We may be inclined to regard defunct lineages as a "supply" problem, with harsh conditions precluding survival of offspring and continuation of families despite parents' best efforts — and this may indeed be most of the story. But it may also be the case that humanity has suffered from a "demand" problem over time as well. The widely noted epidemic of sex aversion among the rising generation of Japanese youth is only the most acute and most curious recent example of what may be a much more general human attribute — insufficient interest in procreation to sustain kith and kin. This feature of the human condition may go back a long way: In his study of Genesis, Leon Kass reminds us that the Lord in this sacred text repeatedly enjoins mankind to "be fruitful and multiply." If volitional fecundity were the natural order of things, why the command?

How will modern societies and the states that govern them cope with the prospect of long-term population decline in the centuries ahead, given the assumption of constantly increasing scientific and technological capabilities over this same period? Singer is of course correct that desired family size is the key determinant of human family size, so long as voluntary human procreation and childbearing are the determinant of human birth patterns.

But what if that most basic of human bonds is severed? What if, in some advanced future, a shrinking and dying society should decide it prefers to forestall decline and eventual departure not through "imports from abroad" but through "domestic manufacture"?

The temptation to resort to the non-maternal production and non-familial upbringing of human creatures could characterize a world where the total number of "legacy humans" was rising — indeed, demographically declining societies in such a world might regard their relative diminution as more reason to venture into so dark a realm. Opening this door, of course, would also inescapably invite "improvement" and "enhancement" of the pre-existing legacy models — stretching or redefining the very meaning of the term "human" and setting evolution on a forced march directed by our own conceit. A Columbus unit from now — in a world that has the technological wherewithal to house and feed a few hundred billion people — the horrific notion that some fraction of the planetary population might be "non-traditional models," so to speak, is worth consideration.

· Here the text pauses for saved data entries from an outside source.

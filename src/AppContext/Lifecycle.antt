-- ===== src/AppContext/Lifecycle.antt =====
-- The scopes of a container and its shutdown: `ServiceScope`, `create_scope` and `shutdown_async` of
-- application_context.py.
use claimsintelligence.Base.{ℕ, String, Option, none, some, [], ◌∷◌, if◌then◌else◌, string_key}
use claimsintelligence.Exec.{
  Exec, exn, key_error, pure, raise, gets, modify, finally, finally_do, ◌>>=◌, ◌>>◌,
}
use claimsintelligence.Dict.{Dict, get, pop}
use claimsintelligence.AppContext.{
  ServiceDescriptor, Attributes, aexit, cleanup, Env, AppContext, perform, scope_services,
}

module _ (env : Env) (attributes : Attributes) where
  -- `ServiceScope.get_service` and its async twin: the container's, under the scope's id.
  unfoldable pub within : {A : Type 0} → String → Exec AppContext A → Exec AppContext A
  within i m = do
    old_scope ← gets (λ s. s.current_scope_id)
    modify (λ s. record s { current_scope_id = some i })
    finally m (λ s. record s { current_scope_id = old_scope })

  abbrev pub dispose_scoped : ServiceDescriptor → ℕ → Exec AppContext (Unit {0})
  dispose_scoped d o =
      if d.is_async
      then if attributes.has_aexit o
        then (do perform env (aexit o); pure tt)
        else if attributes.has_method o d.cleanup_method
        then (do perform env (cleanup o d.cleanup_method); pure tt)
        else pure tt
      else pure tt

  abbrev pub dispose_known :
      (ServiceDescriptor → ℕ → Exec AppContext (Unit {0}))
      → Option ServiceDescriptor
      → ℕ
      → Exec AppContext (Unit {0})
  dispose_known dispose none o = raise (exn key_error "the descriptor is gone")
  dispose_known dispose (some d) o = dispose d o

  unfoldable pub dispose_all :
      (ServiceDescriptor → ℕ → Exec AppContext (Unit {0}))
      → Dict String ℕ
      → Exec AppContext (Unit {0})
  dispose_all dispose [] = pure tt
  dispose_all dispose ((t, o) ∷ rest) = do
    d ← gets (λ s. get s.services t)
    dispose_known dispose d o
    dispose_all dispose rest

  unfoldable pub cleanup_scope : String → Exec AppContext (Unit {0})
  cleanup_scope i = do
    d ← gets (scope_services i)
    dispose_all dispose_scoped d
    modify (λ s. record s { scoped_instances = pop s.scoped_instances i })

  unfoldable pub enter_scope : String → Exec AppContext (Option String)
  enter_scope i = do
    old_scope ← gets (λ s. s.current_scope_id)
    modify (λ s. record s { current_scope_id = some i })
    pure old_scope

  unfoldable pub exit_scope : String → Option String → Exec AppContext (Unit {0})
  exit_scope i old_scope = do
    cleanup_scope i
    modify (λ s. record s { current_scope_id = old_scope })

  -- async with create_scope() as scope: body, where `i` is the new random id
  unfoldable pub create_scope : {A : Type 0} → String → Exec AppContext A → Exec AppContext A
  create_scope i body = do old_scope ← enter_scope i; finally_do body (exit_scope i old_scope)

  abbrev pub dispose_singleton : ServiceDescriptor → ℕ → Exec AppContext (Unit {0})
  dispose_singleton d o =
      if d.is_async
      then if attributes.has_method o d.cleanup_method
        then (do perform env (cleanup o d.cleanup_method); pure tt)
        else pure tt
      else pure tt

  unfoldable pub shutdown_async : Exec AppContext (Unit {0})
  shutdown_async = do
    d ← gets (λ s. s.instances)
    dispose_all dispose_singleton d
    modify (λ s. record s { instances = []; scoped_instances = [] })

It is not hard to imagine such a planet enjoying high living standards, at least by the yardsticks we currently measure them with. It is, however, nearly impossible to imagine such a world being free — and it seems highly unlikely that it could be peaceful in the sense we now mean.

Population trends may therefore pose a greater threat to the future of modern societies than Singer's work would lead us to expect. It is incumbent on us the living to devote unflinching attention to this and other currently remote possibilities, to take the future seriously, and to recognize how much of a difference our choices can make — and how important it is to help human beings learn to choose well.

Nicholas Eberstadt holds the Henry Wendt Chair in Political Economy at the American Enterprise Institute. This essay was originally presented at a Hudson Institute conference celebrating the life of Max Singer, Hudson’s co-founder.